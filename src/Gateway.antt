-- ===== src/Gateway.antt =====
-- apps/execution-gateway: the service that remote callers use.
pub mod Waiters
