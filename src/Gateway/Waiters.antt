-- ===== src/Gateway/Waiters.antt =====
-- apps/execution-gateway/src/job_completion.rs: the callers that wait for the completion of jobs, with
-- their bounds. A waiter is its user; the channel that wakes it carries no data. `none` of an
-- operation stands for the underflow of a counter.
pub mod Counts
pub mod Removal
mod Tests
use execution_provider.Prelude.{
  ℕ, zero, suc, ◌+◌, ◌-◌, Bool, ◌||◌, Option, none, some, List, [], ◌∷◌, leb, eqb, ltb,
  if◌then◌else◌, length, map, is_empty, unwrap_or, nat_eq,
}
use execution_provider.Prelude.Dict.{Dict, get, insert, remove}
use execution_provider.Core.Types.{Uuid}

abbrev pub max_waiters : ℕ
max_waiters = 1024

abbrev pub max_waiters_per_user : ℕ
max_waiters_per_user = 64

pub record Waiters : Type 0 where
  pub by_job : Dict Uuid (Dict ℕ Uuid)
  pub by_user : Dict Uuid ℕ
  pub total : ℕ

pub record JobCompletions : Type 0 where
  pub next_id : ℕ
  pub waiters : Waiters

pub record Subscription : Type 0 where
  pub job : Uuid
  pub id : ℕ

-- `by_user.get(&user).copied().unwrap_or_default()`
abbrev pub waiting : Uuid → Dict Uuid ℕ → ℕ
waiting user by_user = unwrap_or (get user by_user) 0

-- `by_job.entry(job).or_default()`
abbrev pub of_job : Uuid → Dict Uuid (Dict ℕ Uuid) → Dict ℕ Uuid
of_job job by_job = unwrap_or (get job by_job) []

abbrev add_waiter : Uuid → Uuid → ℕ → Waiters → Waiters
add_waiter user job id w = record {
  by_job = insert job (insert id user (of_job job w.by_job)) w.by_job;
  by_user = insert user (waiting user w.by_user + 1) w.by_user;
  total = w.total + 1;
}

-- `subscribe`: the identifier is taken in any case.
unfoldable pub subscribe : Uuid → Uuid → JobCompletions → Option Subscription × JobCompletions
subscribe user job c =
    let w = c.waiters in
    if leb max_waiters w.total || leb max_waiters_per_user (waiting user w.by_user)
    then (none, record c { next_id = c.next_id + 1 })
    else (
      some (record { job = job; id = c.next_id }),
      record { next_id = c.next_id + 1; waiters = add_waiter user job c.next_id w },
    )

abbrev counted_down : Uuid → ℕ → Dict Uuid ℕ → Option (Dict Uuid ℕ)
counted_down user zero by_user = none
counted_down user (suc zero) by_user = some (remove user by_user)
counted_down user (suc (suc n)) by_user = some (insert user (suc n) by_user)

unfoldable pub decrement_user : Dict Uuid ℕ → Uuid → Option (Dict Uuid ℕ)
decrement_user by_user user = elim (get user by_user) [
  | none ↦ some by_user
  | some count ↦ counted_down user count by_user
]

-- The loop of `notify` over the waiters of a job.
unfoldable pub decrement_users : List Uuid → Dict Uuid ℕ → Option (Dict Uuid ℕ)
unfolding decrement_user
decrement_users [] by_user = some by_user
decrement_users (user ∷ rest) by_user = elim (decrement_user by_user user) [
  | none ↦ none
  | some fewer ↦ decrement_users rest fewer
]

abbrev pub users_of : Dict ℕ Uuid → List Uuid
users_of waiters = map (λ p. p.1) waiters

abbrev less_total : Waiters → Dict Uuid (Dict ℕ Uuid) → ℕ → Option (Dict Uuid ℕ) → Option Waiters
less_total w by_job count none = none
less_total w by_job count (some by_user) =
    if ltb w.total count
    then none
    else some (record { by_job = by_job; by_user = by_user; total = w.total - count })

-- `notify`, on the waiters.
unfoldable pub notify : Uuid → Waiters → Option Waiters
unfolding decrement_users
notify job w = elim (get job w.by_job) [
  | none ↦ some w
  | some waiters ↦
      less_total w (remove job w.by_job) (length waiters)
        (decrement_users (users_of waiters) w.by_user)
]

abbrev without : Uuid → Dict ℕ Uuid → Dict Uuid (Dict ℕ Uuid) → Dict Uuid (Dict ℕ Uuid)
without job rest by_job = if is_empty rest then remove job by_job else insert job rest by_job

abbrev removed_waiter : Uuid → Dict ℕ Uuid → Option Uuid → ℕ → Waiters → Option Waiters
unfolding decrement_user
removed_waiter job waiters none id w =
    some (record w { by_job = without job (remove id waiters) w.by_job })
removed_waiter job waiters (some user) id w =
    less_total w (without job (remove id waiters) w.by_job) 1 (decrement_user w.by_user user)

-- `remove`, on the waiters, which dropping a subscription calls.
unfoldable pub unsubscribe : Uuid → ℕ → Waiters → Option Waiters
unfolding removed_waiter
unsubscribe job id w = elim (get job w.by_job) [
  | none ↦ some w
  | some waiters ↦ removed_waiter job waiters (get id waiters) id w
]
☆ ☆ ☆
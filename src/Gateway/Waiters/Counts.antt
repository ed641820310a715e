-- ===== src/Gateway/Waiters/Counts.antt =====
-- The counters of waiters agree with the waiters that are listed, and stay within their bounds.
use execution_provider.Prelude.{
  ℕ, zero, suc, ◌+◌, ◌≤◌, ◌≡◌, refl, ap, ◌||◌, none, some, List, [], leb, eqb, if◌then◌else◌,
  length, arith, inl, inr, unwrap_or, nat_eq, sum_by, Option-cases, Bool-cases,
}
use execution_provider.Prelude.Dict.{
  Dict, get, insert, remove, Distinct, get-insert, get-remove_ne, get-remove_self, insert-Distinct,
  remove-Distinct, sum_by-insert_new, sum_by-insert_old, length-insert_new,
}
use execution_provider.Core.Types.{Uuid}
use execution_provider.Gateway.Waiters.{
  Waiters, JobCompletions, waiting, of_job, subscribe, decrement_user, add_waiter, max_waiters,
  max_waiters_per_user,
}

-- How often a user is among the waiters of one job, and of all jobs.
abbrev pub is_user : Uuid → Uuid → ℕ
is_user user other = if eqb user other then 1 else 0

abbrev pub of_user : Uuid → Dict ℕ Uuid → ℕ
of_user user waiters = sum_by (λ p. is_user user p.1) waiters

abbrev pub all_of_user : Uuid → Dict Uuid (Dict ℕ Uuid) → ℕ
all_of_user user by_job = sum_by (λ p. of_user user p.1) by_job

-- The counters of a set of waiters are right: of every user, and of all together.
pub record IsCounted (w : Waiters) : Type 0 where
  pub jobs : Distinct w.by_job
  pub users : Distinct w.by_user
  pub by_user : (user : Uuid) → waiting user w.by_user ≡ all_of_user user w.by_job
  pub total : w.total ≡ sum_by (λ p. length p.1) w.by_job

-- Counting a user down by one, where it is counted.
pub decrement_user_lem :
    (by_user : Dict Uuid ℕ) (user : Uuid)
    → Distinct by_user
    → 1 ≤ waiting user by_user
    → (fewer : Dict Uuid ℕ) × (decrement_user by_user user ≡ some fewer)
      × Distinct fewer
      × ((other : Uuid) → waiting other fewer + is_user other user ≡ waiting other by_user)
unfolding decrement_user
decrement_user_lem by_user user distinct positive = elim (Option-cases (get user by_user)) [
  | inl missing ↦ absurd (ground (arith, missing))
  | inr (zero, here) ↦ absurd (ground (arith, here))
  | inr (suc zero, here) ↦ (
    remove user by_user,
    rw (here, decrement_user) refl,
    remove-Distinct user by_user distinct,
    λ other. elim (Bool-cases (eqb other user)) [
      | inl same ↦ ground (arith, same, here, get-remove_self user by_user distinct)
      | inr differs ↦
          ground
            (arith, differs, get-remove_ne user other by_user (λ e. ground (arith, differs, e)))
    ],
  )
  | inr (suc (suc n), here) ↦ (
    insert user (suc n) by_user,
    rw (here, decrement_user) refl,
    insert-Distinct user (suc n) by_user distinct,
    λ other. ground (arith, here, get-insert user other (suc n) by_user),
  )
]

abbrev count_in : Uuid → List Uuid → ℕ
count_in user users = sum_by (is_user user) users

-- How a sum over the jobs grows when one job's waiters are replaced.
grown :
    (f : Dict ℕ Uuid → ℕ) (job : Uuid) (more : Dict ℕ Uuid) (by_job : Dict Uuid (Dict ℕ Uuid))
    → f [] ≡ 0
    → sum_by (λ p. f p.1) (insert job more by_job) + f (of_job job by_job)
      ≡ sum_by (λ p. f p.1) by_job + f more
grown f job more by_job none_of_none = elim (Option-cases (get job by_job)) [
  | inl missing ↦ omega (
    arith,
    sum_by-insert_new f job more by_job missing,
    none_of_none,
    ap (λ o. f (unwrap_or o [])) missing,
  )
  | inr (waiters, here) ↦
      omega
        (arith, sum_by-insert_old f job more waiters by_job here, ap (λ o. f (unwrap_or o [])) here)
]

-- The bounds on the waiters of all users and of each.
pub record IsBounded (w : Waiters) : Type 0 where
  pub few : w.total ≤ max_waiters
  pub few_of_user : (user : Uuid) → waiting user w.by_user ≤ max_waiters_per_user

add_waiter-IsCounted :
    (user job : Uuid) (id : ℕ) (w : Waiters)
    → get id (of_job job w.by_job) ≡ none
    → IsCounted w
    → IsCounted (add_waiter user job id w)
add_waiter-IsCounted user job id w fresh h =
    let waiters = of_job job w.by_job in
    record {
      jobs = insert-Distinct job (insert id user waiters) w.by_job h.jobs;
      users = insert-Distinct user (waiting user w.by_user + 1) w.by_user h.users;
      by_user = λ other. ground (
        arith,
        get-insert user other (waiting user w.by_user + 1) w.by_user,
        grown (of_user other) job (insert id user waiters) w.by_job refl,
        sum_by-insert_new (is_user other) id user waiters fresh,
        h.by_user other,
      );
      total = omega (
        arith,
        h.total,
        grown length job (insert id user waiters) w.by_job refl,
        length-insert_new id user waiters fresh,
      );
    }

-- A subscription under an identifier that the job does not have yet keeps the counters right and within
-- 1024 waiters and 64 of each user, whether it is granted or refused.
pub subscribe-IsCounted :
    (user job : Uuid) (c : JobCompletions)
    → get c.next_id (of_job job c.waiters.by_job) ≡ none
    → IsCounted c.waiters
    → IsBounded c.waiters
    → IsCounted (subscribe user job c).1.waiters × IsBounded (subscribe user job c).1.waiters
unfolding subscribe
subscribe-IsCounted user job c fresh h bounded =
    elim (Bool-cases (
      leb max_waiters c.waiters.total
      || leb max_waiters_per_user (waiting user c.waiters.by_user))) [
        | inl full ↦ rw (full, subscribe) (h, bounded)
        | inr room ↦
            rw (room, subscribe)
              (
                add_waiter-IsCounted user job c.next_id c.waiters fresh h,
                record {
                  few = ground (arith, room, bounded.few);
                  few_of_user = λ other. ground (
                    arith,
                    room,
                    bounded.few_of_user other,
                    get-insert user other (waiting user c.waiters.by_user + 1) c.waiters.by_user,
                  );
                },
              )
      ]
☆ ☆ ☆
Each line of the material that has the word "room" belongs in the answer.

        | inr room ↦
            rw (room, subscribe)
                  few = ground (arith, room, bounded.few);
                    room,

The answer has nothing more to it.